# Medtronic 640



## Pumper_Sue (Aug 3, 2019)

I started my new pump yesterday and had the pleasure of a lovely rep (J) showing me how to set it up.
So far so good, but omg who ever designed this pump must have been a champion finger tap dancer  The amount of button pushing is beyond a joke and there is nothing logical what so ever in where the required action is located. Half the stuff on the pump isn't needed either from what I can work out.

Please note this is just frustration for the first 24 hours of use.

I now have the Dexcom G6 as well which after the first 24 hours now seems accurate so have more confidence in that and best of all the alarm is nice and loud so I don't sleep through it 
Very easy to set up as well.


----------



## SB2015 (Aug 3, 2019)

Pumper_Sue said:


> I started my new pump yesterday and had the pleasure of a lovely rep (J) showing me how to set it up.
> So far so good, but omg who ever designed this pump must have been a champion finger tap dancer  The amount of button pushing is beyond a joke and there is nothing logical what so ever in where the required action is located. Half the stuff on the pump isn't needed either from what I can work out.
> 
> Please note this is just frustration for the first 24 hours of use.
> ...


Hi Sue

I shall be watching with interest, as this is currently top of my list for the change in February.
Am I right in thinking that the Dexcom doesn’t ‘talk to ‘ the Medtronic?

Did you consider a 670G or was that not offered?


----------



## Pumper_Sue (Aug 3, 2019)

SB2015 said:


> Hi Sue
> 
> I shall be watching with interest, as this is currently top of my list for the change in February.
> Am I right in thinking that the Dexcom doesn’t ‘talk to ‘ the Medtronic?
> ...


You are quite right Dex doesn't talk to the pump. I was going to have the pump sensors but the person above the lovely rep messed everything up never got back to me with written quotations so I could have the funding so I gave up on getting the Medtronic sensors. (Customer service is not good) The Dexcom does the predictive 3.1 low so even though it doesn't turn the pump off it does the same job and a fair bit cheaper then Medtronic sensors.

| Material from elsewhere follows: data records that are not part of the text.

-- ===== src/Contract/Ibchost/Caller.antt =====
-- pkg/contract/ibchost/ibchost.go: the read methods.
use yui_ibc_solidity.Prelude.{ℕ, Bytes, [], ◌∷◌, Bool, codes}
use yui_ibc_solidity.Prelude.Try.{Try, ok, ◌>>=◌}
use yui_ibc_solidity.Contract.Bound.{Basic, BoundContract, CallError, called, output}
use yui_ibc_solidity.Contract.Ibchost.Structs.{Structs, PacketData, ChannelData, ConnectionEndData}

module _ {E Value CallOpts TransactOpts Tx : Type 0} (basic : Basic Value) (structs : Structs Value)
    (contract : BoundContract E Value CallOpts TransactOpts Tx) where
  unfoldable pub authenticate_capability : CallOpts → Bytes → ℕ → Try (CallError E) Bool
  unfolding output
  authenticate_capability opts name addr = do
    out ← called (
        contract.call opts (codes "authenticateCapability")
          (basic.bytes.box name ∷ basic.address.box addr ∷ []))
    out0 ← output out 0 basic.bool
    ok out0

  unfoldable pub get_channel : CallOpts → Bytes → Bytes → Try (CallError E) (ChannelData × Bool)
  unfolding output
  get_channel opts port_id channel_id = do
    out ← called (
        contract.call opts (codes "getChannel")
          (basic.string.box port_id ∷ basic.string.box channel_id ∷ []))
    out0 ← output out 0 structs.channel_data
    out1 ← output out 1 basic.bool
    ok (out0, out1)

  unfoldable pub get_client_impl : CallOpts → Bytes → Try (CallError E) (ℕ × Bool)
  unfolding output
  get_client_impl opts client_type = do
    out ← called (contract.call opts (codes "getClientImpl") (basic.string.box client_type ∷ []))
    out0 ← output out 0 basic.address
    out1 ← output out 1 basic.bool
    ok (out0, out1)

  unfoldable pub get_client_state : CallOpts → Bytes → Try (CallError E) (Bytes × Bool)
  unfolding output
  get_client_state opts client_id = do
    out ← called (contract.call opts (codes "getClientState") (basic.string.box client_id ∷ []))
    out0 ← output out 0 basic.bytes
    out1 ← output out 1 basic.bool
    ok (out0, out1)

  unfoldable pub get_client_type : CallOpts → Bytes → Try (CallError E) Bytes
  unfolding output
  get_client_type opts client_id = do
    out ← called (contract.call opts (codes "getClientType") (basic.string.box client_id ∷ []))
    out0 ← output out 0 basic.string
    ok out0

  unfoldable pub get_connection : CallOpts → Bytes → Try (CallError E) (ConnectionEndData × Bool)
  unfolding output
  get_connection opts connection_id = do
    out ← called (contract.call opts (codes "getConnection") (basic.string.box connection_id ∷ []))
    out0 ← output out 0 structs.connection_end_data
    out1 ← output out 1 basic.bool
    ok (out0, out1)

  unfoldable pub get_consensus_state : CallOpts → Bytes → ℕ → Try (CallError E) (Bytes × Bool)
  unfolding output
  get_consensus_state opts client_id height = do
    out ← called (
        contract.call opts (codes "getConsensusState")
          (basic.string.box client_id ∷ basic.uint64.box height ∷ []))
    out0 ← output out 0 basic.bytes
    out1 ← output out 1 basic.bool
    ok (out0, out1)

  unfoldable pub get_module_owner : CallOpts → Bytes → Try (CallError E) (ℕ × Bool)
  unfolding output
  get_module_owner opts name = do
    out ← called (contract.call opts (codes "getModuleOwner") (basic.bytes.box name ∷ []))
    out0 ← output out 0 basic.address
    out1 ← output out 1 basic.bool
    ok (out0, out1)

  unfoldable pub get_next_sequence_ack : CallOpts → Bytes → Bytes → Try (CallError E) ℕ
  unfolding output
  get_next_sequence_ack opts port_id channel_id = do
    out ← called (
        contract.call opts (codes "getNextSequenceAck")
          (basic.string.box port_id ∷ basic.string.box channel_id ∷ []))
    out0 ← output out 0 basic.uint64
    ok out0

  unfoldable pub get_next_sequence_recv : CallOpts → Bytes → Bytes → Try (CallError E) ℕ
  unfolding output
  get_next_sequence_recv opts port_id channel_id = do
    out ← called (
        contract.call opts (codes "getNextSequenceRecv")
          (basic.string.box port_id ∷ basic.string.box channel_id ∷ []))
    out0 ← output out 0 basic.uint64
    ok out0

  unfoldable pub get_next_sequence_send : CallOpts → Bytes → Bytes → Try (CallError E) ℕ
  unfolding output
  get_next_sequence_send opts port_id channel_id = do
    out ← called (
        contract.call opts (codes "getNextSequenceSend")
          (basic.string.box port_id ∷ basic.string.box channel_id ∷ []))
    out0 ← output out 0 basic.uint64
    ok out0

  unfoldable pub get_packet_acknowledgement_commitment :
      CallOpts → Bytes → Bytes → ℕ → Try (CallError E) (Bytes × Bool)
  unfolding output
  get_packet_acknowledgement_commitment opts port_id channel_id sequence = do
    out ← called (
        contract.call opts (codes "getPacketAcknowledgementCommitment")
          (basic.string.box port_id ∷ basic.string.box channel_id ∷ basic.uint64.box sequence ∷ []))
    out0 ← output out 0 basic.bytes32
    out1 ← output out 1 basic.bool
    ok (out0, out1)

  unfoldable pub get_packet_commitment :
      CallOpts → Bytes → Bytes → ℕ → Try (CallError E) (Bytes × Bool)
  unfolding output
  get_packet_commitment opts port_id channel_id sequence = do
    out ← called (
        contract.call opts (codes "getPacketCommitment")
          (basic.string.box port_id ∷ basic.string.box channel_id ∷ basic.uint64.box sequence ∷ []))
    out0 ← output out 0 basic.bytes32
    out1 ← output out 1 basic.bool
    ok (out0, out1)

  unfoldable pub has_packet_receipt : CallOpts → Bytes → Bytes → ℕ → Try (CallError E) Bool
  unfolding output
  has_packet_receipt opts port_id channel_id sequence = do
    out ← called (
        contract.call opts (codes "hasPacketReceipt")
          (basic.string.box port_id ∷ basic.string.box channel_id ∷ basic.uint64.box sequence ∷ []))
    out0 ← output out 0 basic.bool
    ok out0

  unfoldable pub make_packet_acknowledgement_commitment : CallOpts → Bytes → Try (CallError E) Bytes
  unfolding output
  make_packet_acknowledgement_commitment opts acknowledgement = do
    out ← called (
        contract.call opts (codes "makePacketAcknowledgementCommitment")
          (basic.bytes.box acknowledgement ∷ []))
    out0 ← output out 0 basic.bytes32
    ok out0

  unfoldable pub make_packet_commitment : CallOpts → PacketData → Try (CallError E) Bytes
  unfolding output
  make_packet_commitment opts packet = do
    out ←
        called
          (contract.call opts (codes "makePacketCommitment") (structs.packet_data.box packet ∷ []))
    out0 ← output out 0 basic.bytes32
    ok out0

  unfoldable pub only_ibc_module : CallOpts → Try (CallError E) (Unit {0})
  only_ibc_module opts = do _ ← called (contract.call opts (codes "onlyIBCModule") []); ok tt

Yes I wanted the 670G unfortunately though the DSN has no clue about the pump or sensors so refused point blank to have anything to do with it. The hospital team were convinced the 640G was a closed loop system thus I could not have that either! DSN sat in with the pump set up so learnt a lot which was great. Mind you it was a good thing I didn't have the 670 after the mess up with the sensors.


----------



## SB2015 (Aug 3, 2019)

I am still unclear what happens to the 670G in the event of a sensor failure.  What does the basal programme revert to?  Also it seems to have more involvement than I thought from the user.  When corrections are needed alarms go off to prompt an additional Bolus, unless I am confused.  I just want a chance to sit down and quiz someone who uses it.  The reps and marketing people aren’t able to answer the detailed questions.

I am currently edging towards the 640G , but just wondering whether I could use some pretend carbs to prompt corrections for readings taken from my Libre.


----------



## Pumper_Sue (Aug 4, 2019)

SB2015 said:


> I am still unclear what happens to the 670G in the event of a sensor failure.


It reverts back to a normal pump.


SB2015 said:


> I am currently edging towards the 640G , but just wondering whether I could use some pretend carbs to prompt corrections for readings taken from my Libre.


Why would you want to do that? But yes you can do that no problem.

I have come to the conclusion the G6 Dexcom isn't all singing and dancing  Made a very silly mistake whilst out doggy walking this morning, Dexi started shouting low 3.1 within 30 mins, I didn't check my meter as reading was a steady 4.5 but thought odd I don't feel hypo what's going on but had hypo treatment before I tested and low and behold meter was showing a 5.9 which is in keeping with what I would expect so have now had to bolus for the needless carbs. Not best pleased with the accuracy of Dex6 nor my stupidity in not checking first.


----------



## SB2015 (Aug 4, 2019)

Pumper_Sue said:


> It reverts back to a normal pump.
> 
> Why would you want to do that? But yes you can do that no problem.
> 
> I have come to the conclusion the G6 Dexcom isn't all singing and dancing  Made a very silly mistake whilst out doggy walking this morning, Dexi started shouting low 3.1 within 30 mins, I didn't check my meter as reading was a steady 4.5 but thought odd I don't feel hypo what's going on but had hypo treatment before I tested and low and behold meter was showing a 5.9 which is in keeping with what I would expect so have now had to bolus for the needless carbs. Not best pleased with the accuracy of Dex6 nor my stupidity in not checking first.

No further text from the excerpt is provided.